Still stacked out there. Just about every cast I'd have a walleye on yesterday evening. Lots of 20" fish. So much fun on light tackle


----------



## walldancer

Left dock at 5am today,ran to 58 ft,kept 12 by 640 am,bigger fish were on 3-1/2 setting back 125/130

Sent from my SM-G950U using Tapatalk


----------



## normster30

Nice morning to fish, cloudy and light wind and the fish were hungry. 4 limits kept, but handle over 50. Went with my son and grandson and his buddy. Bandits and flickers off boards 20 to 60 back took most, but caught maybe 10 on dipsies and spoons. 48 to 55 ft. from stacks to Mentor.


----------



## normster30

Quick trip today, left dock at 6 and finished at 6:50. Stay another 1/2 half hour trying to up grade, throw back 6 maybe 8 and called it a day. Dipsies and spoons 54 - 50 ft. I couldn't get my friend to go, now he's bummin.


----------



## walldancer

Hi normster,limped it out towards 70 ft today To try something Different,it was a lot of empty real estate , trolled back towards port and it was triple after triple in 58 to 60,,,kept out 12 but turned alot,dipsys only deep,quit at 930


----------



## normster30

walldancer said:


> Hi normster,limped it out towards 70 ft today To try something Different,it was a lot of empty real estate , trolled back towards port and it was triple after triple in 58 to 60,,,kept out 12 but turned alot,dipsys only deep,quit at 930


A bit bumpy heading north, 54 and trolled SE to 50. I stopped at 27 ft. to bleed out the fish going in and there were nice marks, maybe sheep but up pretty high.


----------



## berkshirepresident

For some of us who don't know better, what public ramp out of Eastlake/The Chagrin are most of you using?
Never fished there before. Wouldn't mind giving it a whirl.
I'm 15 minutes from Avon Point but want to fish some of the Eastern OH areas this Summer.


----------



## normster30

berkshirepresident said:


> For some of us who don't know better, what public ramp out of Eastlake/The Chagrin are most of you using?
> Never fished there before. Wouldn't mind giving it a whirl.
> I'm 15 minutes from Avon Point but want to fish some of the Eastern OH areas this Summer.

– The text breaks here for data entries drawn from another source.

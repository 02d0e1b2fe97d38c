-- ===== src/Slab/Locked.antt =====
-- What `push_locked` and `pop_locked` of toccata-core/src/rseq/slab.rs return and do to the stacks.
use toccata.Base.{
  ℕ, ◌+◌, ◌-◌, ◌<◌, ◌≡◌, ◌≢◌, inl, inr, refl, sym, ap, ◌∙◌, arith, false, not, some, [], ◌∷◌,
  length, update, ◌==◌, Bool-cases, min,
}
use toccata.Base.Stacks.{stack, stack-top, stack-push, length-stack}
use toccata.Slab.{
  SlabLayout, Memory, Fast, ok, needs_slow, is_stopped, acquire, release, pop_held, push_held,
  pop_guarded, push_guarded, pop_locked, push_locked,
}
use toccata.Slab.Geometry.{
  IsLaidOut, head, word, slot, place, header-ok, capacity_at, slot_at, slots-ok, lock-ok,
}
use toccata.Slab.Effect.{Sets, Sets-refl, Sets-word, Sets-head, Sets-slot}
use toccata.Slab.Stack.{
  objects, IsValid, Others, Sets-leaves, Pushes, Pops, routed, full, pushed, empty, popped,
}

pub is_stopped-some :
    (l : SlabLayout) (cap : ℕ → ℕ) (cpu : ℕ)
    → IsLaidOut l cap
    → cpu < l.num_cpus
    → is_stopped l cpu ≡ some (not (l.stopped.at cpu == 0))
unfolding is_stopped
is_stopped-some l cap cpu v h =
    let here : min cpu (l.stopped.len - 1) ≡ cpu = omega (arith, v.flags, h) in
    let inside : cpu < l.stopped.len = omega (arith, v.flags, h) in rw here (ground (arith, inside))

module _ {l : SlabLayout} {cap : ℕ → ℕ} {m : Memory} (v : IsValid l cap m) {cpu c : ℕ}
    (lc : cpu < l.num_cpus) (cc : c < l.classes.len) where
  abbrev at_word : ℕ
  at_word = place l cpu c word

  abbrev held : Memory
  held = update m at_word 1

  abbrev slot_values : ℕ → ℕ
  slot_values i = m (place l cpu c (slot i))

  acquire-ok : acquire m at_word ≡ some held
  unfolding acquire
  acquire-ok = ground (arith, (v.stacks cpu c lc cc).unlocked)

  held-Sets : Sets v.laid cpu c cc m (m (place l cpu c head)) slot_values 1 held
  held-Sets = Sets-word v.laid cpu c cc (Sets-refl v.laid cpu c cc m) 1

  push_guarded-eq :
      (p : ℕ)
      → push_guarded l m cpu c p ≡ (
          let r = push_held held (place l cpu c head) (place l cpu c (slot 0)) p in
          some (r.0, release r.1 at_word))
  unfolding push_guarded
  push_guarded-eq p =
      rw (lock-ok l cpu c lc cc, acquire-ok, header-ok l cpu c lc cc, slots-ok l cpu c lc cc) refl

  pop_guarded-eq : pop_guarded l m cpu c ≡ (
      let r = pop_held held (place l cpu c head) (place l cpu c (slot 0)) in
      some (r.0, release r.1 at_word))
  unfolding pop_guarded
  pop_guarded-eq =
      rw (lock-ok l cpu c lc cc, acquire-ok, header-ok l cpu c lc cc, slots-ok l cpu c lc cc) refl

  abbrev count : ℕ
  count = m (place l cpu c head)

  held_count : held (place l cpu c head) ≡ count
  held_count = held-Sets.top_is

  held_room : held (place l cpu c head + 4) ≡ cap c
  held_room = rw (capacity_at l cpu c) (held-Sets.room ∙ (v.stacks cpu c lc cc).room)

  objects-length : length (objects l m cpu c) ≡ count
  unfolding objects
  objects-length = length-stack count slot_values

  objects-none : count ≡ 0 → objects l m cpu c ≡ []
  unfolding objects stack
  objects-none e = ap (λ k. stack k slot_values) e

  push_held-full :
      (p : ℕ)
      → count ≡ cap c
      → push_held held (place l cpu c head) (place l cpu c (slot 0)) p ≡ (needs_slow, held)
  unfolding push_held
  push_held-full p e = ground (arith, held_count, held_room, e)

  push_held-ok :
      (p : ℕ)
      → count < cap c
      → push_held held (place l cpu c head) (place l cpu c (slot 0)) p ≡ (
        ok tt,
        update (update held (place l cpu c (slot count)) p) (place l cpu c head) (count + 1),
      )
  unfolding push_held
  push_held-ok p h = rw (held_count, held_room, slot_at l cpu c count) (ground (arith, h))

  unchanged :
      IsValid l cap (release held at_word)
      × Others l m cpu c (release held at_word)
      × (objects l (release held at_word) cpu c ≡ objects l m cpu c)
  unfolding release objects
  unchanged =
      Sets-leaves v lc cc (Sets-word v.laid cpu c cc held-Sets 0) (v.stacks cpu c lc cc).few
        (v.stacks cpu c lc cc).live

  abbrev with_pushed : ℕ → Memory
  with_pushed p =
      update (update held (place l cpu c (slot count)) p) (place l cpu c head) (count + 1)

  abbrev with_popped : Memory
  with_popped = update held (place l cpu c head) (count - 1)

  live_pushed : (p : ℕ) → p ≢ 0 → (i : ℕ) → i < count + 1 → update slot_values count p i ≢ 0
  live_pushed p ne i k = elim (Bool-cases (i == count)) [
    | inl t ↦ ground (arith, t, ne)
    | inr g ↦
        let low : i < count = ground (arith, g, k) in
        ground (arith, g, (v.stacks cpu c lc cc).live i low)
  ]

  after_push :
      (p : ℕ)
      → p ≢ 0
      → count < cap c
      → IsValid l cap (release (with_pushed p) at_word)
        × Others l m cpu c (release (with_pushed p) at_word)
        × (objects l (release (with_pushed p) at_word) cpu c ≡ p ∷ objects l m cpu c)
  unfolding release objects
  after_push p ne h =
      let written = Sets-slot v.laid cpu c cc held-Sets count p h in
      let (valid, others, same) =
        Sets-leaves v lc cc
          (Sets-word v.laid cpu c cc (Sets-head v.laid cpu c cc written (count + 1)) 0)
          (omega (arith, h)) (live_pushed p ne) in
      (valid, others, same ∙ stack-push count slot_values p)

  after_pop :
      IsValid l cap (release with_popped at_word)
      × Others l m cpu c (release with_popped at_word)
      × (objects l (release with_popped at_word) cpu c ≡ stack (count - 1) slot_values)
  unfolding release
  after_pop =
      Sets-leaves v lc cc
        (Sets-word v.laid cpu c cc (Sets-head v.laid cpu c cc held-Sets (count - 1)) 0)
        (omega (arith, (v.stacks cpu c lc cc).few))
        (λ i k. (v.stacks cpu c lc cc).live i (omega (arith, k)))

  push_guarded-Pushes :
      (p : ℕ)
      → p ≢ 0
      → is_stopped l cpu ≡ some false
      → (r : Fast (Unit {0})) × (n : Memory) × (push_guarded l m cpu c p ≡ some (r, n))
        × IsValid l cap n
        × Others l m cpu c n
        × Pushes l cap m cpu c p r n
  push_guarded-Pushes p ne run = elim (Bool-cases (count == cap c)) [
    | inl t ↦
        let e : count ≡ cap c = ground (arith, t) in
        let (valid, others, same) = unchanged in
        let runs = push_guarded-eq p ∙ rw (push_held-full p e) refl in
        (needs_slow, release held at_word, runs, valid, others, full run (objects-length ∙ e) same)
    | inr f ↦
        let ne_cap : count ≢ cap c = ground (arith, f) in
        let h : count < cap c = omega (arith, (v.stacks cpu c lc cc).few, ne_cap) in
        let (valid, others, same) = after_push p ne h in
        let runs = push_guarded-eq p ∙ rw (push_held-ok p h) refl in
        (
          ok tt,
          release (with_pushed p) at_word,
          runs,
          valid,
          others,
          pushed run (omega (arith, objects-length, h)) same,
        )
  ]

  pop_held-empty :
      count ≡ 0 → pop_held held (place l cpu c head) (place l cpu c (slot 0)) ≡ (needs_slow, held)
  unfolding pop_held
  pop_held-empty e = ground (arith, held_count, e)

  held-slot : (i : ℕ) → i < cap c → held (place l cpu c (slot i)) ≡ slot_values i
  held-slot i h = held-Sets.slots_are i h

  pop_held-ok :
      count ≢ 0
      → pop_held held (place l cpu c head) (place l cpu c (slot 0))
        ≡ (ok (slot_values (count - 1)), with_popped)
  unfolding pop_held
  pop_held-ok ne =
      let few = (v.stacks cpu c lc cc).few in
      let top = held-slot (count - 1) (omega (arith, ne, few)) in
      let live = (v.stacks cpu c lc cc).live (count - 1) (omega (arith, ne)) in
      rw (held_count, slot_at l cpu c (count - 1), top) (ground (arith, ne, live))

  pop_guarded-Pops :
      is_stopped l cpu ≡ some false
      → (r : Fast ℕ) × (n : Memory) × (pop_guarded l m cpu c ≡ some (r, n))
        × IsValid l cap n
        × Others l m cpu c n
        × Pops l cap m cpu c r n
  unfolding objects
  pop_guarded-Pops run = elim (Bool-cases (count == 0)) [
    | inl t ↦
        let e : count ≡ 0 = ground (arith, t) in
        let (valid, others, same) = unchanged in
        let runs = pop_guarded-eq ∙ rw (pop_held-empty e) refl in
        let none_left = objects-none e in
        (
          needs_slow,
          release held at_word,
          runs,
          valid,
          others,
          empty run none_left (same ∙ none_left),
        )
    | inr f ↦
        let ne : count ≢ 0 = ground (arith, f) in
        let (valid, others, same) = after_pop in
        let runs = pop_guarded-eq ∙ rw (pop_held-ok ne) refl in
        let tops : objects l m cpu c
            ≡ slot_values (count - 1) ∷ objects l (release with_popped at_word) cpu c =
          stack-top count slot_values ne ∙ ap (λ x. slot_values (count - 1) ∷ x) (sym same) in
        (
          ok (slot_values (count - 1)),
          release with_popped at_word,
          runs,
          valid,
          others,
          popped run tops,
        )
  ]

  -- `push_locked` with a slab in order returns, leaves a slab in order and no other stack changed, and
  -- routes a stopped processor by, refuses a full stack, and otherwise puts the object on top.
  pub push_locked-Pushes :
      (p : ℕ)
      → p ≢ 0
      → (r : Fast (Unit {0})) × (n : Memory) × (push_locked l m cpu c p ≡ some (r, n))
        × IsValid l cap n
        × Others l m cpu c n
        × Pushes l cap m cpu c p r n
  unfolding push_locked Others
  push_locked-Pushes p ne = elim (Bool-cases (not (l.stopped.at cpu == 0))) [
    | inl t ↦
        let stop = is_stopped-some l cap cpu v.laid lc ∙ ap some t in
        (needs_slow, m, rw stop refl, v, (λ j d lj ld other. refl), routed stop)
    | inr f ↦
        let run = is_stopped-some l cap cpu v.laid lc ∙ ap some f in
        let (r, n, e, valid, others, is) = push_guarded-Pushes p ne run in
        (r, n, rw run e, valid, others, is)
  ]

  -- `pop_locked` with a slab in order returns, leaves a slab in order and no other stack changed, and
  -- routes a stopped processor by, takes nothing from an empty stack, and otherwise the object on top.
  pub pop_locked-Pops :
      (r : Fast ℕ) × (n : Memory) × (pop_locked l m cpu c ≡ some (r, n))
      × IsValid l cap n
      × Others l m cpu c n
      × Pops l cap m cpu c r n
  unfolding pop_locked Others
  pop_locked-Pops = elim (Bool-cases (not (l.stopped.at cpu == 0))) [
    | inl t ↦
        let stop = is_stopped-some l cap cpu v.laid lc ∙ ap some t in
        (needs_slow, m, rw stop refl, v, (λ j d lj ld other. refl), routed stop)
    | inr f ↦
        let run = is_stopped-some l cap cpu v.laid lc ∙ ap some f in
        let (r, n, e, valid, others, is) = pop_guarded-Pops run in
        (r, n, rw run e, valid, others, is)
  ]
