-- ===== src/Slab/Local.antt =====
-- The stacks of toccata-core/src/rseq/slab.rs as the pools use them: a thread that takes the locked path on
-- one processor, for one class.
use toccata.Base.{
  ℕ, zero, suc, ◌+◌, ◌≤◌, ◌<◌, ◌≡◌, ◌≢◌, ◌⊎◌, inl, inr, refl, sym, ap, arith, Bool, true, false,
  Option, none, some, List, [], ◌++◌, Bool-cases, ◌==◌,
}
use toccata.Base.Totals.{total, total-append, total-cons}
use toccata.Base.LocalStack.{LocalStack, Takes, took, refused, Gives, given, full}
use toccata.Slab.{SlabLayout, Memory, Fast, ok, needs_slow}
use toccata.Slab.Stack.{objects, IsValid, Others, Pushes, Pops, routed, full, pushed, empty, popped}
use toccata.Slab.Locked.{push_locked-Pushes, pop_locked-Pops}

-- The objects of a class in the stacks of the first `n` processors.
unfoldable pub gather : SlabLayout → Memory → ℕ → ℕ → List ℕ
gather l m c zero = []
gather l m c (suc n) = objects l m n c ++ gather l m c n

module _ (l : SlabLayout) (m n : Memory) {c : ℕ} (cc : c < l.classes.len) {cpu : ℕ}
    (others : Others l m cpu c n) (w : ℕ → ℕ) where
  gather-below :
      (k : ℕ) → k ≤ cpu → k ≤ l.num_cpus → total w (gather l n c k) ≡ total w (gather l m c k)
  unfolding gather Others
  gather-below zero h b = refl
  gather-below (suc k) h b =
      let same = others k c (omega (arith, b)) cc (λ e _. omega (arith, e, h)) in
      omega (
        arith,
        total-append w (objects l n k c) (gather l n c k),
        total-append w (objects l m k c) (gather l m c k),
        ap (total w) same,
        gather-below k (omega (arith, h)) (omega (arith, b)),
      )

  -- What all the stacks weigh changes by what one stack does.
  gather-changes :
      (k : ℕ)
      → cpu < k
      → k ≤ l.num_cpus
      → total w (gather l n c k) + total w (objects l m cpu c)
        ≡ total w (gather l m c k) + total w (objects l n cpu c)
  unfolding gather Others
  gather-changes zero h b = omega (arith, h)
  gather-changes (suc k) h b =
      let here = total-append w (objects l n k c) (gather l n c k) in
      let there = total-append w (objects l m k c) (gather l m c k) in
      elim (Bool-cases (k == cpu)) [
        | inl t ↦
            let same : k ≡ cpu = ground (arith, t) in
            let rest = gather-below k (omega (arith, same)) (omega (arith, b)) in
            omega (
              arith,
              here,
              there,
              rest,
              ap (λ x. total w (objects l n x c)) same,
              ap (λ x. total w (objects l m x c)) same,
            )
        | inr f ↦
            let other : k ≢ cpu = ground (arith, f) in
            let same = others k c (omega (arith, b)) cc (λ e _. other (sym e)) in
            let rest = gather-changes k (omega (arith, h, other)) (omega (arith, b)) in
            omega (arith, here, there, rest, ap (total w) same)
      ]

module _ (l : SlabLayout) (cap : ℕ → ℕ) (cpu c : ℕ) (lc : cpu < l.num_cpus)
    (cc : c < l.classes.len) where
  abbrev pub State : Type 0
  State = (m : Memory) × IsValid l cap m

  unfoldable pub all_objects : State → List ℕ
  all_objects s = gather l s.0 c l.num_cpus

  fast : Fast ℕ → Option ℕ
  fast (ok p) = some p
  fast needs_slow = none

  done : Fast (Unit {0}) → Bool
  done (ok tt) = true
  done needs_slow = false

  pop_takes :
      (m n : Memory) (v : IsValid l cap m) (u : IsValid l cap n)
      → Others l m cpu c n
      → {r : Fast ℕ} → Pops l cap m cpu c r n
      → Takes all_objects (m, v) (fast r) (n, u)
  unfolding all_objects fast
  pop_takes m n v u others (routed e) = refused (λ w. refl)
  pop_takes m n v u others (empty e before after) = refused (λ w. omega (
    arith,
    gather-changes l m n cc others w l.num_cpus lc (omega arith),
    ap (total w) before,
    ap (total w) after,
  ))
  pop_takes m n v u others (popped {p = p} e top) = took (λ w. omega (
    arith,
    gather-changes l m n cc others w l.num_cpus lc (omega arith),
    ap (total w) top,
    total-cons w p (objects l n cpu c),
  ))

  push_gives :
      (p : ℕ) (m n : Memory) (v : IsValid l cap m) (u : IsValid l cap n)
      → Others l m cpu c n
      → {r : Fast (Unit {0})} → Pushes l cap m cpu c p r n
      → Gives all_objects (m, v) p (done r) (n, u)
  unfolding all_objects done
  push_gives p m n v u others (routed e) = full (λ w. refl)
  push_gives p m n v u others (full e most same) = full (λ w.
      omega
        (arith, gather-changes l m n cc others w l.num_cpus lc (omega arith), ap (total w) same))
  push_gives p m n v u others (pushed e room top) = given (λ w. omega (
    arith,
    gather-changes l m n cc others w l.num_cpus lc (omega arith),
    ap (total w) top,
    total-cons w p (objects l m cpu c),
  ))

  pub pop_one : State → Option ℕ × State
  pop_one (m, v) = let (r, n, e, u, others, pops) = pop_locked-Pops v lc cc in (fast r, (n, u))

  -- An object is not null.
  push_case : State → (p : ℕ) → ((p == 0) ≡ true) ⊎ ((p == 0) ≡ false) → Bool × State
  push_case (m, v) p (inl t) = (false, (m, v))
  push_case (m, v) p (inr f) =
      let (r, n, e, u, others, pushes) = push_locked-Pushes v lc cc p (ground (arith, f)) in
      (done r, (n, u))

  pub push_one : State → ℕ → Bool × State
  push_one s p = push_case s p (Bool-cases (p == 0))

  pub pop_one-Takes : (s : State) → Takes all_objects s (pop_one s).0 (pop_one s).1
  unfolding pop_one
  pop_one-Takes (m, v) =
      let (r, n, e, u, others, pops) = pop_locked-Pops v lc cc in pop_takes m n v u others pops

  push_case-Gives :
      (s : State) (p : ℕ) (e : ((p == 0) ≡ true) ⊎ ((p == 0) ≡ false))
      → Gives all_objects s p (push_case s p e).0 (push_case s p e).1
  unfolding push_case
  push_case-Gives (m, v) p (inl t) = full (λ w. refl)
  push_case-Gives (m, v) p (inr f) =
      let (r, n, e, u, others, pushes) = push_locked-Pushes v lc cc p (ground (arith, f)) in
      push_gives p m n v u others pushes

  pub push_one-Gives : (s : State) (p : ℕ) → Gives all_objects s p (push_one s p).0 (push_one s p).1
  unfolding push_one
  push_one-Gives s p = push_case-Gives s p (Bool-cases (p == 0))

  -- The locked stack of the processor `cpu`.
  unfoldable pub locked_stack : LocalStack State
  locked_stack = record {
    pop = pop_one;
    push = push_one;
    contents = all_objects;
    pop-Takes = pop_one-Takes;
    push-Gives = push_one-Gives;
  }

I think most of the guys posting dock along the river. There's a launch right by the bridge on on rt 283. I believe $10 fee.


----------



## berkshirepresident

normster30 said:


> I think most of the guys posting dock along the river. There's a launch right by the bridge on on rt 283. I believe $10 fee.


Would that be the Chagrin River Inlet or the Eastlake Port Authority ramp?
Thanks for getting back to me!









Marinas.com | Where boaters come first to find slips & services.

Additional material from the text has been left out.